The sun teased us all day, hiding behind big, dark clouds, then suddenly piercing through a tiny patch of blue for a minute or two. The SW swell exacerbated by the wind was up. Long period, 4m/15' swells mixed and short, jerky waves made for queasy stomachs. Though, I must admit, neither of us fed the fish. Perhaps after all these years, we're getting sea legs after all?

With a small change in course and the wind just a bit more southerly, the jib was out and we were sailing, close-hauled and making very slow, but steady, progress. The days are short now and by 6:30 pm, the running lights were on and the long, dark, cold night enveloped us like a shroud. As if to atone for a gray day, the night bloomed into cold magnificence. The clouds lifted and there wasn't room in the sky for even one more star. A bright, waning moon illuminated our path. Biolumes twinkled in our wake and the whole night sparkled.

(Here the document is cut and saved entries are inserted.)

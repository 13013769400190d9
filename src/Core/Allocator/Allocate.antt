-- ===== src/Core/Allocator/Allocate.antt =====
-- What `allocate_within` returns, and when it finds no page.
use aegis_hv.Common.{
  ℕ, zero, suc, ◌+◌, ◌-◌, ◌/◌, ◌%◌, Bool, true, false, ◌&&◌, not, Option, none, some, List, [], ◌∷◌,
  ◌++◌, length, get_or, leb, if◌then◌else◌, Result, ok, err, fail_if, ◌>>=◌, ◌≡◌, refl, arith,
  Bool-cases, inl, inr, sym, Result-cases, Option-cases, ap, subst, ◌∙◌, max, ◌⊎◌, min,
}
use aegis_hv.Common.Word.{checked_add}
use aegis_hv.Core.Errors.{CoreErrorKind, invalid_address, capacity_exceeded, out_of_memory}
use aegis_hv.Core.Ids.{new_host_physical}
use aegis_hv.Core.Allocator.{
  PageAllocationConstraint, PhysicalPageAllocator, select, take_page, allocate_within,
}
use aegis_hv.Core.Allocator.FreeList.{
  PageRun, run_end, align_up, cut, empty_run, take_page_from_run,
}
use aegis_hv.Core.Allocator.Runs.{in_page, covers}
use aegis_hv.Core.Allocator.Select.{Within, select-none}
use aegis_hv.Core.Allocator.Inv.{
  IsWellFormed, SameMemory, handed_out, handed_out_lem, take_page_lem,
}

-- An allocation that succeeds has taken a page out of the free list.
pub allocate_within-take_page :
    (c : PageAllocationConstraint) (a a' : PhysicalPageAllocator) (page : ℕ)
    → allocate_within c a ≡ (ok page, a')
    → (runs : List PageRun) × (take_page c a ≡ ok (page, runs)) × (handed_out a page runs ≡ a')
unfolding allocate_within
allocate_within-take_page c a a' page done = elim (Result-cases (take_page c a)) [
  | inl ((page', runs), e) ↦
      let done' : (new_host_physical page', handed_out a page' runs) ≡ (ok page, a') =
        rw (e, allocate_within) at done in
      let made : new_host_physical page' ≡ ok page = ap (λ p. p.0) done' in
      let same : page' ≡ page = ground (arith, made) in
      (
        runs,
        e ∙ ap (λ p. ok (p, runs)) same,
        ap (λ p. handed_out a p runs) (sym same) ∙ ap (λ p. p.1) done',
      )
  | inr (_, e) ↦ absurd (ground (arith, rw (e, allocate_within) at done))
]

-- Whatever `allocate_within` returns, the memory that the allocator holds stays the same.
pub allocate_within-IsWellFormed :
    (c : PageAllocationConstraint) (a : PhysicalPageAllocator)
    → IsWellFormed a
    → IsWellFormed (allocate_within c a).1 × SameMemory a (allocate_within c a).1
unfolding allocate_within
allocate_within-IsWellFormed c a wf = elim (Result-cases (take_page c a)) [
  | inl ((page, runs), e) ↦ rw (e, allocate_within) (handed_out_lem c a page runs wf e)
  | inr (_, e) ↦ rw (e, allocate_within) (wf, λ x. refl)
]

-- The page that is handed out.
abbrev pub HandsOut :
    PageAllocationConstraint → ℕ → PhysicalPageAllocator → PhysicalPageAllocator → Type 0
HandsOut c page a a' =
    (page % 4096 ≡ 0)
    × Within c page
    × ((x : ℕ) → in_page page x ≡ true → covers x a.free_runs ≡ true)
    × ((x : ℕ) → covers x a'.free_runs ≡ (covers x a.free_runs && not (in_page page x)))
    × (a'.allocated ≡ a.allocated ++ (page ∷ []))

-- A page that `allocate_within` returns is aligned, lies within the constraint and was free.
-- Afterwards exactly its addresses are free no longer, and it is the last of the allocated pages.
pub allocate_within_lem :
    (c : PageAllocationConstraint) (page : ℕ) (a a' : PhysicalPageAllocator)
    → IsWellFormed a
    → allocate_within c a ≡ (ok page, a')
    → HandsOut c page a a'
allocate_within_lem c page a a' wf done =
    let (runs, e, e') = allocate_within-take_page c a a' page done in
    let ((aligned, _, within, free), removes, _, _) = take_page_lem c a page runs wf e in
    subst (HandsOut c page a) e' (aligned, within, free, removes.1, refl)

cut-err :
    (full : Bool) (run : PageRun) (page_end before after : ℕ) {e : CoreErrorKind}
    → cut full run page_end before after ≡ err e
    → capacity_exceeded ≡ e
unfolding cut
cut-err full run page_end zero zero h = ground (arith, h)
cut-err full run page_end zero (suc after) h = ground (arith, h)
cut-err full run page_end (suc before) zero h = ground (arith, h)
cut-err full run page_end (suc before) (suc after) h = ground (arith, h)

-- What a `?` went through when the whole failed.
>>=-eq-err :
    {A B : Type 0} (r : Result A CoreErrorKind) (next : A → Result B CoreErrorKind)
    {e : CoreErrorKind}
    → (r >>= next) ≡ err e
    → (r ≡ err e) ⊎ ((value : A) × (r ≡ ok value) × (next value ≡ err e))
>>=-eq-err r next done = elim (Result-cases r) [
  | inl (value, e) ↦ inr (value, e, cc)
  | inr (e, bad) ↦ inl cc
]

-- What the search does with the end of a candidate.
go_on-err :
    (c : PageAllocationConstraint) (stop : ℕ) (candidate_end : Option ℕ)
    (found next : Result (Option (ℕ × ℕ × ℕ)) CoreErrorKind) {e : CoreErrorKind}
    → (next ≡ err e → invalid_address ≡ e)
    → (found ≡ err e → invalid_address ≡ e)
    → elim candidate_end [
      | none ↦ next
      | some bound ↦ if leb bound (min stop c.max_address_exclusive) then found else next
    ]
      ≡ err e
    → invalid_address ≡ e
go_on-err c stop none found next rest here h = rest h
go_on-err c stop (some bound) found next rest here h =
    elim (Bool-cases (leb bound (min stop c.max_address_exclusive))) [
      | inl fits ↦ here (rw fits at h)
      | inr past ↦ rest (rw past at h)
    ]

select-err :
    (c : PageAllocationConstraint) (index : ℕ) (runs : List PageRun) {e : CoreErrorKind}
    → select c index runs ≡ err e
    → invalid_address ≡ e
unfolding select
select-err c index [] h = absurd (ground (arith, h))
select-err c index (run ∷ runs) {e} h = elim (>>=-eq-err (run_end run) _ h) [
  | inl bad ↦ unfold run_end in ground (arith, bad)
  | inr (stop, _, h') ↦ elim (>>=-eq-err (align_up (max run.start c.min_address) 4096) _ h') [
    | inl bad ↦ unfold align_up in ground (arith, bad)
    | inr (candidate, _, h'') ↦
        go_on-err c stop (checked_add candidate 4096) (ok (some (index, candidate, stop)))
          (select c (suc index) runs) (select-err c (suc index) runs)
          (λ bad. absurd (ground (arith, bad))) h''
  ]
]

abbrev takes : Result (ℕ × List PageRun) CoreErrorKind → Result (ℕ × List PageRun) CoreErrorKind
takes r = r

take_page_from_run-err :
    (capacity index page stop : ℕ) (runs : List PageRun) (p : ℕ)
    → (take_page_from_run capacity index page stop runs >>= λ out. takes (ok (p, out)))
      ≡ err out_of_memory
    → ⊥
unfolding take_page_from_run
take_page_from_run-err capacity index page stop runs p h =
    elim (>>=-eq-err (take_page_from_run capacity index page stop runs) _ h) [
      | inl bad ↦
          let run = get_or runs index empty_run in
          let new =
            cut (leb capacity (length runs)) run (page + 4096) ((page - run.start) / 4096)
              ((stop - (page + 4096)) / 4096) in
          elim (>>=-eq-err new _ bad) [
            | inl bad' ↦ ground (arith, cut-err _ run (page + 4096) _ _ bad')
            | inr (_, _, bad') ↦ ground (arith, bad')
          ]
      | inr (_, _, bad) ↦ ground (arith, bad)
    ]

-- An allocation that runs out of memory has found no page.
take_page-out_of_memory :
    (c : PageAllocationConstraint) (a : PhysicalPageAllocator)
    → take_page c a ≡ err out_of_memory
    → select c 0 a.free_runs ≡ ok none
unfolding take_page
take_page-out_of_memory c a h =
    elim (>>=-eq-err (fail_if (leb c.max_address_exclusive c.min_address) invalid_address) _ h) [
      | inl bad ↦ absurd (ground (arith, bad))
      | inr (_, _, h1) ↦
          elim (>>=-eq-err (fail_if (leb a.pages_capacity (length a.allocated)) capacity_exceeded) _
            h1) [
              | inl bad ↦ absurd (ground (arith, bad))
              | inr (_, _, h2) ↦ elim (>>=-eq-err (select c 0 a.free_runs) _ h2) [
                | inl bad ↦ absurd (ground (arith, select-err c 0 a.free_runs bad))
                | inr (selected, found, h3) ↦ elim (Option-cases selected) [
                  | inl e ↦ found ∙ ap ok e
                  | inr ((index, page, stop), e) ↦
                      let h4 : (take_page_from_run a.runs_capacity index page stop a.free_runs
                            >>= λ runs. takes (ok (page, runs)))
                          ≡ err out_of_memory =
                        rw e at h3 in
                      absurd
                        (take_page_from_run-err a.runs_capacity index page stop a.free_runs page h4)
                ]
              ]
            ]
    ]

-- If `allocate_within` is out of memory, then no page that lies within the constraint is free.
pub allocate_within-out_of_memory :
    (c : PageAllocationConstraint) (a : PhysicalPageAllocator)
    → IsWellFormed a
    → (allocate_within c a).0 ≡ err out_of_memory
    → (page : ℕ) → page % 4096 ≡ 0
    → Within c page
    → covers page a.free_runs ≡ false
unfolding allocate_within
allocate_within-out_of_memory c a (ordered, _, _, _, _) h page aligned within =
    elim (Result-cases (take_page c a)) [
      | inl ((page', runs), e) ↦ absurd (ground (arith, rw (e, allocate_within) at h))
      | inr (kind, e) ↦
          let e' : kind ≡ out_of_memory = ground (arith, rw (e, allocate_within) at h) in
          select-none c 0 a.free_runs 0 ordered (take_page-out_of_memory c a (e ∙ ap err e')) page
            aligned within
    ]
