-- ===== src/Core/Allocator/Trim.antt =====
-- The trimming of the free list by `reserve_range`.
use aegis_hv.Common.{
  ℕ, zero, suc, ◌+◌, ◌-◌, ◌*◌, ◌/◌, ◌%◌, ◌<◌, ◌≤◌, Bool, true, ◌&&◌, not, List, [], ◌∷◌, ◌++◌, ltb,
  leb, if◌then◌else◌, Result, ok, ◌>>=◌, ◌≡◌, refl, arith, Bool-cases, inl, inr, >>=-eq-ok, subst,
  min, max, fail_if,
}
use aegis_hv.Core.Errors.{CoreErrorKind, capacity_exceeded}
use aegis_hv.Core.Allocator.FreeList.{PageRun, left_over, trim, check_split, run_end, page_size_4k}
use aegis_hv.Core.Allocator.Runs.{
  limit, covers, IsRun, Ordered, run_end-eq, Ordered-weaken, covers-below,
}

abbrev pub in_range : ℕ → ℕ → ℕ → Bool
in_range start stop a = leb start a && ltb a stop

abbrev pub left_count : ℕ → PageRun → ℕ
left_count start run = if ltb run.start start then (start - run.start) / 4096 else 0

abbrev pub right_count : ℕ → PageRun → ℕ
right_count stop run = if ltb stop (limit run) then (limit run - stop) / 4096 else 0

abbrev pub keep : PageRun → List PageRun → Result (List PageRun) CoreErrorKind
keep run out = ok (run ∷ out)

abbrev pub put : List PageRun → List PageRun → Result (List PageRun) CoreErrorKind
put new out = ok (new ++ out)

-- One round of the loop.
pub trim-step :
    (start stop : ℕ) (run : PageRun) (runs : List PageRun)
    → IsRun run
    → trim start stop (run ∷ runs) ≡ (
        if leb stop run.start
        then ok (run ∷ runs)
        else if leb (limit run) start
        then (trim start stop runs >>= keep run)
        else (trim start stop runs
            >>= put (left_over run stop (left_count start run) (right_count stop run))))
unfolding trim
trim-step start stop run runs is = rw (run_end-eq run is) refl

-- Nothing is trimmed behind the reservation.
pub trim-past :
    (start stop lo : ℕ) (runs : List PageRun)
    → stop ≤ lo
    → Ordered lo runs
    → trim start stop runs ≡ ok runs
trim-past start stop lo [] past h = unfold trim in refl
trim-past start stop lo (run ∷ runs) past (low, is, h) =
    let before : leb stop run.start ≡ true = ground arith in
    rw (trim-step start stop run runs is, before) refl

-- The pages of the run before `start` and behind `stop`.
abbrev pub Leaves : ℕ → ℕ → PageRun → ℕ → ℕ → Type 0
Leaves start stop run left right =
    (max run.start start ≡ run.start + left * 4096)
    × (limit run ≡ min stop (limit run) + right * 4096)

pub leaves :
    (start stop : ℕ) (run : PageRun)
    → IsRun run
    → start % 4096 ≡ 0
    → stop % 4096 ≡ 0
    → run.start < stop
    → start < limit run
    → Leaves start stop run (left_count start run) (right_count stop run)
leaves start stop run is a b c d = (ground arith, ground arith)

abbrev pub Trims : ℕ → ℕ → ℕ → List PageRun → List PageRun → Type 0
Trims lo start stop runs out =
    Ordered lo out × ((a : ℕ) → covers a out ≡ (covers a runs && not (in_range start stop a)))

left_over_lem :
    (start stop left right lo : ℕ) (run : PageRun) (runs out : List PageRun)
    → Leaves start stop run left right
    → run.start < stop
    → start < limit run
    → start < stop
    → lo ≤ run.start
    → IsRun run
    → Trims (suc (limit run)) start stop runs out
    → Trims lo start stop (run ∷ runs) (left_over run stop left right ++ out)
unfolding left_over covers
left_over_lem start stop zero zero lo run runs out (l, r) from until some_bytes low is
      (ordered, same) =
    (Ordered-weaken _ lo out (omega arith) ordered, λ a. ground (arith, same a))
left_over_lem start stop zero (suc right) lo run runs out (l, r) from until some_bytes low is
      (ordered, same) =
    (
      (
        omega arith,
        (omega arith, omega arith, omega arith),
        Ordered-weaken _ _ out (omega arith) ordered,
      ),
      λ a. ground (arith, same a),
    )
left_over_lem start stop (suc left) zero lo run runs out (l, r) from until some_bytes low is
      (ordered, same) =
    (
      (low, (omega arith, omega arith, omega arith), Ordered-weaken _ _ out (omega arith) ordered),
      λ a. ground (arith, same a),
    )
left_over_lem start stop (suc left) (suc right) lo run runs out (l, r) from until some_bytes low is
      (ordered, same) =
    (
      (
        low,
        (omega arith, omega arith, omega arith),
        (
          omega arith,
          (omega arith, omega arith, omega arith),
          Ordered-weaken _ _ out (omega arith) ordered,
        ),
      ),
      λ a. ground (arith, same a),
    )

-- Nothing behind the reservation lies in it.
past_range :
    (start stop lo a : ℕ) (runs : List PageRun)
    → stop ≤ lo
    → Ordered lo runs
    → covers a runs ≡ (covers a runs && not (in_range start stop a))
past_range start stop lo a runs past h = ground (arith, covers-below lo a runs h)

-- A run before the reservation stays.
skip :
    (start stop a : ℕ) (run : PageRun) (runs rest : List PageRun)
    → limit run ≤ start
    → covers a rest ≡ (covers a runs && not (in_range start stop a))
    → covers a (run ∷ rest) ≡ (covers a (run ∷ runs) && not (in_range start stop a))
unfolding covers
skip start stop a run runs rest before same = ground (arith, same)

-- The trimming takes the reservation out of the list.
pub trim_lem :
    (start stop lo : ℕ) (runs out : List PageRun)
    → start % 4096 ≡ 0
    → stop % 4096 ≡ 0
    → start < stop
    → Ordered lo runs
    → trim start stop runs ≡ ok out
    → Trims lo start stop runs out
trim_lem start stop lo [] out b c some_bytes h done =
    let e : [] ≡ out = unfold trim in ground (arith, done) in
    subst (Trims lo start stop []) e (tt, λ a. unfold covers in refl)
trim_lem start stop lo (run ∷ runs) out b c some_bytes (low, is, h) done =
    let step = trim-step start stop run runs is in
    elim (Bool-cases (leb stop run.start)) [
      | inl past ↦
          let done' : keep run runs ≡ ok out = rw (step, past) at done in
          let e : run ∷ runs ≡ out = ground (arith, done') in
          subst (Trims lo start stop (run ∷ runs)) e (
            (low, is, h),
            λ a. past_range start stop run.start a (run ∷ runs) (ground arith) (omega arith, is, h),
          )
      | inr from ↦ elim (Bool-cases (leb (limit run) start)) [
        | inl before ↦
            let done' : (trim start stop runs >>= keep run) ≡ ok out =
              rw (step, from, before) at done in
            let (rest, trimmed, e) = >>=-eq-ok (trim start stop runs) (keep run) done' in
            let e' : run ∷ rest ≡ out = ground (arith, e) in
            let (ordered, same) =
              trim_lem start stop (suc (limit run)) runs rest b c some_bytes h trimmed in
            subst (Trims lo start stop (run ∷ runs)) e'
              ((low, is, ordered), λ a. skip start stop a run runs rest (ground arith) (same a))
        | inr until ↦
            let new = left_over run stop (left_count start run) (right_count stop run) in
            let done' : (trim start stop runs >>= put new) ≡ ok out =
              rw (step, from, until) at done in
            let (rest, trimmed, e) = >>=-eq-ok (trim start stop runs) (put new) done' in
            let e' : new ++ rest ≡ out = ground (arith, e) in
            let from' : run.start < stop = ground (arith, from) in
            let until' : start < limit run = ground (arith, until) in
            subst (Trims lo start stop (run ∷ runs)) e' (
              left_over_lem start stop (left_count start run) (right_count stop run) lo run runs
                rest (leaves start stop run is b c from' until') from' until' some_bytes low is
                (trim_lem start stop (suc (limit run)) runs rest b c some_bytes h trimmed))
      ]
    ]

-- When the second loop of `reserve_range` has passed, the third one does not fail: it reads the ends
-- of the same runs.
pub check_split-trim :
    (full : Bool) (start stop : ℕ) (runs : List PageRun)
    → check_split full start stop runs ≡ ok tt
    → (out : List PageRun) × (trim start stop runs ≡ ok out)
unfolding check_split trim
check_split-trim full start stop [] checked = ([], refl)
check_split-trim full start stop (run ∷ runs) checked =
    let (end_of_run, e, checked') = >>=-eq-ok (run_end run) _ checked in
    let splits = ltb run.start start && ltb stop end_of_run && full in
    let (_, _, rest) = >>=-eq-ok (fail_if splits capacity_exceeded) _ checked' in
    let (out, trimmed) = check_split-trim full start stop runs rest in
    elim (Bool-cases (leb stop run.start)) [
      | inl past ↦ (run ∷ runs, rw (trim, e, past) refl)
      | inr here ↦ elim (Bool-cases (leb end_of_run start)) [
        | inl before ↦ (run ∷ out, rw (trim, e, here, before, trimmed) refl)
        | inr hit ↦
            let left = if ltb run.start start then (start - run.start) / page_size_4k else 0 in
            let right = if ltb stop end_of_run then (end_of_run - stop) / page_size_4k else 0 in
            (left_over run stop left right ++ out, rw (trim, e, here, hit, trimmed) refl)
      ]
    ]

Early morning clouds took over the sky again … gray, overcast, rain and drizzle and then came the sun and a rainbow appeared.

rainbow

Rain clouds were all around us. We could see the dark showers, but nary a drop fell on Cups. It was going to be a good day.

rain clouds

Later today … we'll head around one of the world's five great southern capes and enter the Indian Ocean. Stay tuned.

And lest we forget …

It was especially hard to leave Albany. We met so many people and enjoyed their generous hospitality. A big, big thank you to Don and Judith for hot showers, dinners, markets and the loan of their Honda among other things. Thanks to Maree, Tom and Floyd … we so enjoyed meeting up with you again. Your hospitality was over the top. Thanks to everyone who stopped by the boat to say hi, offered help, invitations, information and friendly words.

Albany at Last

sunrise  

Another day of forecast light winds with no winds at all. We were up early, hoping to take advantage of some early morning breezes, but we found none at all.

We regretfully motored all the way to Albany, our next port of call. We're feeling a bit anxious about rounding Cape Leeuwin while we still have reasonable weather windows to do it. Soon, the prevailing winds will be westerly, making the passage a bit more daunting. By the way, the name of the town is pronounced Al-bany, like “Al” in Albert, rather than AWL-bany, New York. It's been hard remembering the correct pronunciation, but we've had many people only too glad to remind us.

 

cheyne to albany

 

The day was absolutely gorgeous … warm temps, the swell was down, the sun shone brilliantly and lent a sparkle to the water. Mare's tails in the early morning sky gave way to brilliant, clear blue by midday. Despite the fact we were motoring and gobbling up fuel (cha-ching $$), it was a lovely day to be out on the Southern Ocean.

 

sparkling waters

 

We busied ourselves with passage plans and discussion of priorities on the many items on the to-do lists. We saw only one other boat in the far distance and the route was pretty much free of navigation obstacles until we reached King George Sound. We spotted Breaksea Island Lighthouse from miles away, standing sentry at the gateway to the Sound since 1858.

 

breaksea island light

 

Entering the Sound required a bit more concentration than earlier in the day. There was ship movement, several ships at anchor and several outlying reefs, rocks and marine farms to watch for. The wind picked up to 20 knots as we made our way across the Sound.

 

king george sound

 

We worked out way through the circuitous channel past Emu Point and into the protection of Oyster Harbour. The cardinal marker indicated that we should stay west, but the shallows on both sides of the channel were easy to read and left no doubt as to our route.

 

cardinal marker

 

We had anticipated an available mooring at Johnson Cove, but alas, they were all taken. We quickly decided to proceed a bit further into the harbor and anchor off the tiny Green Island Reserve. Friends, Jack and Jude on Banyandah had e-mailed that there was an alternate, seldom-used courtesy mooring between Green Island and the Emu Point Marina. Sure enough, it was available and we tied up, tidied up and settled down for a calm, peaceful evening.

 

courtesy mooring

 

We'll be here in Albany for a week or so. Get ready for some adventures … and some chores! Bring your traveling shoes.